Одинокий камень резко ударил в оконницу.
Шуйский встал и, отстранив кинувшегося было в перехват стремянного, пошел на жидких, как от болезни, подгибающихся ногах к выходу. Не дошел. Голоса на улице тронулись в ход, яростно споря, начали отдаляться от окон. Понял – уходят. Постояв у косяка, он сгорбился и нетвердо побрел назад, чуя всем телом противную мерзкую дрожь. На рати не бывало такого.
– Враз бы ехать, княже! – укорил стремянный.

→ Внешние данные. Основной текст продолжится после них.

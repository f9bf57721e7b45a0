-- ===== src/Examples/Transport.antt =====
-- Runs of a packetizer and an extractor at the two ends of a stream.
use mopa.Base.{ℕ, ◌≡◌, refl, arith, List, [], ◌∷◌, true, false, ok, replicate}
use mopa.Psi.Extractor.{Extractor, Sections, wait_start, section_size}
use mopa.Examples.Copies.{zeroing, zeroing_in_place}
use mopa.Psi.Transport.Lengths.{IsSent, AllSent, none_sent, one_sent}
use mopa.Psi.Packetizer.{Packetizer}
use mopa.Psi.Transport.{relay}
use mopa.Psi.Transport.Link.{Fits}
use mopa.Psi.Transport.RoundTrip.{relay_lem}

abbrev sender : Packetizer (Unit {0})
sender = record {
  pid = 0x1ff0;
  adaptation_ctx = tt;
  cc = 15;
  packet = replicate 188 0;
  pusi = false;
  payload_start = 0;
  payload_end = 0;
}

abbrev receiver : Extractor
receiver = record {
  max_section_size = 1024;
  callback_set = true;
  dvb_section_length = 0;
  state = wait_start;
  content = [];
  cc = 3;
}

-- More than one packet holds.
abbrev long_section : List ℕ
long_section = 0x42 ∷ 0xf1 ∷ 44 ∷ replicate 300 7

-- One byte more than a packet holds behind its pointer field.
abbrev short_section : List ℕ
short_section = 0x46 ∷ 0xf0 ∷ 181 ∷ replicate 181 9

abbrev three_sections : Sections
three_sections = short_section ∷ long_section ∷ short_section ∷ []

short_section-IsSent : IsSent 1024 short_section
unfolding section_size
short_section-IsSent = record {
  table_id = refl;
  complete = refl;
  small = omega arith;
  long = omega arith;
}

long_section-IsSent : IsSent 1024 long_section
unfolding section_size
long_section-IsSent = record {
  table_id = refl;
  complete = refl;
  small = omega arith;
  long = omega arith;
}

three_sections-AllSent : AllSent 1024 three_sections
three_sections-AllSent =
    one_sent short_section-IsSent
      (one_sent long_section-IsSent (one_sent short_section-IsSent none_sent))

sender-Fits : Fits sender
sender-Fits = record { size = refl; pid_fits = omega arith; cc_fits = omega arith }

relay_lem_example : relay three_sections sender receiver ≡ ok three_sections
relay_lem_example =
    relay_lem three_sections sender receiver sender-Fits refl refl refl refl three_sections-AllSent
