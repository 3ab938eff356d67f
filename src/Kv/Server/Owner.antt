-- ===== src/Kv/Server/Owner.antt =====
-- kv/server/owner.go: a co-resident owner's direct access.
use repani.Base.{
  ℕ, Bool, false, not, List, Bytes, if◌then◌else◌, Option, none, some, Result, ok, err,
}
use repani.Kv.Vault.Entry.{Entry}
use repani.Kv.Store.Canonical.{has_id, bytes_eq}
use repani.Kv.Server.Maps.{lookup, keys}
use repani.Kv.Server.State.{StoreOps, Server, Env, ServeError, set_state}
use repani.Kv.Server.Lifecycle.{end_locked, create_vault_locked}
use repani.Kv.Server.Pushes.{Refusal, validate_new, add_validated_locked}

-- The errors of owner.go, and what createVaultLocked, endLocked and the store return.
pub data OwnerError : Type 0 where
  unknown_vault auth_key_mismatch revoked end_failed add_failed : OwnerError
  refused : Refusal → OwnerError
  create_failed : ServeError → OwnerError

module _ {S A : Type 0} (cxof : Bytes → Bytes → Bytes) (ops : StoreOps S A) where
  -- EnsureVault
  unfoldable pub ensure_vault : Env S A → Bytes → Bytes → Server S → Server S × Option OwnerError
  ensure_vault env vid ak sv =
      if has_id vid sv.revoked then (sv, some revoked) else elim (lookup vid sv.vaults) [
        | some ref ↦
            (sv, if not (bytes_eq (sv.heap ref).auth_key ak) then some auth_key_mismatch else none)
        | none ↦
            let r = create_vault_locked ops cxof env vid ak false sv in
            (r.0, elim r.1 [ ok ref ↦ none | err e ↦ some (create_failed e) ])
      ]

  -- DropVault
  unfoldable pub drop_vault : Env S A → Bytes → Bytes → Server S → Server S × Option OwnerError
  drop_vault env vid note sv = elim (lookup vid sv.vaults) [
    | none ↦ (sv, some unknown_vault)
    | some ref ↦
        let r = end_locked ops env vid ref note sv in (r.0, if r.1 then none else some end_failed)
  ]

  -- Entries
  unfoldable pub vault_entries : Bytes → Server S → Result OwnerError (List Entry)
  vault_entries vid sv = elim (lookup vid sv.vaults) [
    | none ↦ err unknown_vault
    | some ref ↦ if (sv.heap ref).gone then err unknown_vault else ok (ops.sorted (sv.heap ref).s)
  ]

  -- AddEntries from the vault's lock on.
  unfoldable pub add_to : Env S A → ℕ → List Entry → Server S → Server S × Option OwnerError
  add_to env ref entries sv =
      let st = sv.heap ref in
      if st.gone
      then (sv, some unknown_vault)
      else elim (validate_new cxof ops env.now sv.quotas st entries false) [
        | err r ↦ (sv, some (refused r))
        | ok news ↦
            let r = add_validated_locked ops env.answer news st in
            (set_state ref r.0 sv, elim r.1 [ none ↦ some add_failed | some n ↦ none ])
      ]

  -- AddEntries
  unfoldable pub add_entries :
      Env S A → Bytes → List Entry → Server S → Server S × Option OwnerError
  unfolding add_to
  add_entries env vid entries sv = elim (lookup vid sv.vaults) [
    | none ↦ (sv, some unknown_vault)
    | some ref ↦ add_to env ref entries sv
  ]

module _ {S : Type 0} where
  -- SetNoPush
  unfoldable pub set_no_push : Bytes → Bool → Server S → Server S × Option OwnerError
  set_no_push vid v sv = elim (lookup vid sv.vaults) [
    | none ↦ (sv, some unknown_vault)
    | some ref ↦ (set_state ref (record (sv.heap ref) { no_push = v }) sv, none)
  ]

  -- Vaults
  unfoldable pub vaults : Server S → List Bytes
  vaults sv = keys sv.vaults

Шуйский медленно поднял голову, долго глядел, не видя, потом отмолвил тихо и печально:
– Ты поди.
И, не дожидаясь, когда глухо бухнет за спиною дубовая дверь, вновь утупил очи долу.
Почти сорок лет верой-правдой служил Господину Великому Новугороду. Водил его рати, строил города. Тогда, при Василии Темном, казалось – одолеют Шемячичи. Нет, Москва одолела! Тверской князь, Литва – всех береглись. Не убереглись великого князя Московского! Сам митрополит и владыка Феофил за него. Видно, и Бог за него! Первый ли он изменяет? И где бояре, господа новогородские? Где Михайло Берденев, где Казимер, дважды чудом ушедший от плахи и заточения? Где Александр Самсонов, Федоров, Глухов? Попрятались! Что он! Служилый князь! Служить стало некому… В черных людях и то нестроение, кто за короля, кто за Московского князя! Пока еще льстит, предлагает службу Иван. На горькую удачу слишком осторожен великий князь, где можно согнуть – не ломит… Он не бежит, он честью объявил на вече, что слагает с себя службу новгородскую. Он и давеча не побежал, пошел было к мужикам… Все равно изменник. Общее было дело! Чье оно теперь стало? И чего ждет вот уже второй день сложивший с себя целование Господину Великому Новгороду служилый князь Василий Васильевич Шуйский? Почто не едет прочь?
Знал, чего ждет. Кого ждет. И когда, проскрипев по снегу, на улице остановились сани, не удивился, понял сразу, пошел встречать.
Марфа Ивановна тоже сдала, за голодные недели, видно. Углубились морщины, губы сморщились, круги под глазами – совсем старуха. Глаза только в темных глазницах по-прежнему горят неукротимо.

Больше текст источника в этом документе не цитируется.